The gene expression profiles in zebrafish exposed to the surface water samples collected from the mainstreams were differentiated from the tributaries near the junction, and also discriminated between the upstream and downstream water of Shenyang. In contrast, the chemical profiles based on the data of 82 typical organic pollutants analysis were only capable of differentiating H1, the background sample, from the other surface water samples. The results suggested that transcriptomic profiles of the surface water were highly specific despite of the similar pollutant profiles in adjacent sample sites. Falciani et al. [15] found that the gene profiles in flounder could be well identified from a highly polluted area, but flounder from other areas were not perfectly segregated by clustering analysis. Gene profiles in aquatic species have been used to evaluate the contribution of effluent from wastewater treatment to the downstream pollution [12,33]. The results of the present study suggested that transcriptomic tools have the potential to discriminate the pollution profile of surface water with adjacent spatial position and overlapped pollutants profile.
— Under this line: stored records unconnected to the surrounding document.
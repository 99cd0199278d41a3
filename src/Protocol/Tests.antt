-- ===== src/Protocol/Tests.antt =====
-- The tests of crates/dma-libfabric-protocol/src/advertisement.rs, and the theorems at such inputs.
use vdma.Prelude.{
  ℕ, ◌≡◌, ◌≢◌, refl, List, [], ◌∷◌, some, none, arith, ltb, ◌&&◌, not, if◌then◌else◌, map,
  get_elem?, length, ◌⊎◌,
}
use vdma.Errors.{ok, err}
use vdma.Protocol.Hex.{
  hex, arity, integer, encode_hex, decode_hex, decode_pairs, to_digit, from_digit,
}
use vdma.Protocol.Hex.RoundTrip.{AllBytes, lower}
use vdma.Protocol.Hex.RoundTrip
use vdma.Protocol.Decimal.{parse_ascii, parse_digits, decimal, without_sign, is_empty, all_digits}
use vdma.Protocol.Decimal
use vdma.Protocol.Advertisement.{
  Advertisement, from_fields, DataArgs, parse_data_args, parse_length, parse_crc, u64_end, arg,
}
use vdma.Protocol.Advertisement.Fields.{Reads}
use vdma.Protocol.Advertisement.Fields

program : Unit {0}
unfolding encode_hex decode_hex decode_pairs to_digit from_digit parse_ascii parse_digits decimal
    from_fields parse_data_args parse_length parse_crc
program = tt

-- "01007fffab", "42" and "139638282147448".
abbrev address_text : List ℕ
address_text = b'0' ∷ b'1' ∷ b'0' ∷ b'0' ∷ b'7' ∷ b'f' ∷ b'f' ∷ b'f' ∷ b'a' ∷ b'b' ∷ []

abbrev address_bytes : List ℕ
address_bytes = 0x01 ∷ 0x00 ∷ 0x7f ∷ 0xff ∷ 0xab ∷ []

abbrev key_text : List ℕ
key_text = b'4' ∷ b'2' ∷ []

abbrev remote_text : List ℕ
remote_text =
    b'1' ∷ b'3' ∷ b'9' ∷ b'6' ∷ b'3' ∷ b'8' ∷ b'2' ∷ b'8' ∷ b'2' ∷ b'1' ∷ b'4' ∷ b'7' ∷ b'4' ∷ b'4'
    ∷ b'8' ∷ []

abbrev decoded : Advertisement
decoded = record { address = address_bytes; remote_key = 42; remote_address = 139638282147448 }

parses_the_wire_fields : from_fields (address_text ∷ key_text ∷ remote_text ∷ []) ≡ ok decoded
unfolding program
parses_the_wire_fields = refl

rejects_malformed_fields :
    (from_fields (key_text ∷ key_text ∷ []) ≡ err arity)
    × (from_fields ((b'a' ∷ b'b' ∷ b'c' ∷ []) ∷ key_text ∷ remote_text ∷ []) ≡ err hex)
    × (from_fields (address_text ∷ (b'n' ∷ []) ∷ remote_text ∷ []) ≡ err integer)
unfolding program
rejects_malformed_fields = (refl, refl, refl)

-- 4294967296 is no `u32`.
overflow :
    parse_crc (b'4' ∷ b'2' ∷ b'9' ∷ b'4' ∷ b'9' ∷ b'6' ∷ b'7' ∷ b'2' ∷ b'9' ∷ b'6' ∷ []) ≢ ok 0
unfolding program
overflow h = cc

decode_hex-encode_hex_example : decode_hex (encode_hex address_bytes) ≡ ok address_bytes
decode_hex-encode_hex_example = RoundTrip.decode_hex-encode_hex address_bytes (omega arith)

decode_hex_text_example :
    AllBytes (0xab ∷ []) × (encode_hex (0xab ∷ []) ≡ map lower (b'A' ∷ b'b' ∷ []))
unfolding program
decode_hex_text_example = RoundTrip.decode_hex_text (b'A' ∷ b'b' ∷ []) (0xab ∷ []) refl

parse_ascii_lem_example : parse_ascii u64_end (b'+' ∷ key_text) ≡ (
    if not (is_empty key_text) && all_digits key_text && ltb (decimal 0 key_text) u64_end
    then some (decimal 0 key_text)
    else none)
parse_ascii_lem_example = Decimal.parse_ascii_lem u64_end (b'+' ∷ key_text) (omega arith)

abbrev key_name : List ℕ
key_name = b'k' ∷ []

abbrev command : List (List ℕ)
command = (b'g' ∷ []) ∷ encode_hex address_bytes ∷ key_text ∷ remote_text ∷ key_text ∷ key_name ∷ []

abbrev read_command : DataArgs
read_command = record { advertisement = decoded; length = 42; key = key_name; crc = none }

parse_data_args-encode_hex_example : parse_data_args command ≡ ok read_command
unfolding decimal
parse_data_args-encode_hex_example =
    Fields.parse_data_args-encode_hex (b'g' ∷ []) address_bytes key_text remote_text key_text
      key_name none 42 139638282147448 42 (omega arith) (refl, refl, refl, omega arith)
      (refl, refl, refl, omega arith) (refl, refl, refl, omega arith)

parse_data_args-eq_ok_example :
    ((length command ≡ 6) ⊎ (length command ≡ 7))
    × Reads decoded (arg command 1) (arg command 2) (arg command 3)
    × (parse_ascii u64_end (arg command 4) ≡ some 42)
    × (get_elem? command 5 ≡ some key_name)
    × (get_elem? command 6 ≡ none)
parse_data_args-eq_ok_example =
    Fields.parse_data_args-eq_ok command read_command parse_data_args-encode_hex_example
The identification of pathways related to endocrine disruption, as well as the similarity of gene expression profiles of zebrafish exposed to surface water and E2, indicating that the occurrence of endocrine disrupting chemicals. Several endocrine disruption chemicals such as diisobutyl phthalate (DIBP), di(2-ethylhexyl) phthalate (DEHP), dibutyl phthalate (DBP) and dimethyl phthalate (DMP) were detected in the surface water with their concentrations up to 125, 11, 3, and 1 μg/L. The median lethal concentrations (LC50) of fish for 96 h exposure to DIBP, DEHP, DBP and DMP were 0.9, >0.32, 2.2 and 58 mg/L, respectively [52]. Even though the concentrations of some endocrine disruptors determined in the river water were lower than LC50 values of these chemicals, many other endocrine disruptors coexisted in the surface water, which also induced endocrine disrupt effects. High estrogenic activities were measured in the surface water from the Hun River using in vitro bioassay [53]. Hence, the comparative analysis of the transcriptomic profile of the complex environmental samples with the model compound, may prospectively enable the identification of the pollutants based on toxic mechanism, providing a powerful tool for effect-directed analysis.

5. Conclusions

In summary, the present study evaluates the feasibility of using hepatic transcriptomic profiling in zebrafish in the effect-directed monitoring of surface water. While changes in gene expression do not always correlate to changes in metabolism, the DEGs number and the pathway enrichment are indicative of the pollution gradient. The gene expression profiles suggested endocrine disruption effects and genotoxic effects, and potential immunotoxic effects and disruption of circulation system. The pathways related with human endocrine and metabolic diseases, and infectious diseases, were also affected by the surface water. The transcriptomic profile differentiated the sampling sites from the tributary and mainstream, and upstream and downstream of Shenyang. The comparative analysis of the transcriptomic profile of the complex surface water with that of model compounds suggested relatively higher similarity between surface water and E2, than other several organic and metal compounds, exhibiting the potential to identify the pollutants patterns based on toxic mechanism. The development of the cross-platform read of the transcriptomic data, and the annotation of the currently unknown genes, as well as measuring the activity of enzymes whose gene expression is affected by aquatic effluents would profit the genomic tools to be more powerful in prediction of toxic effects and pollutants identification in surface water.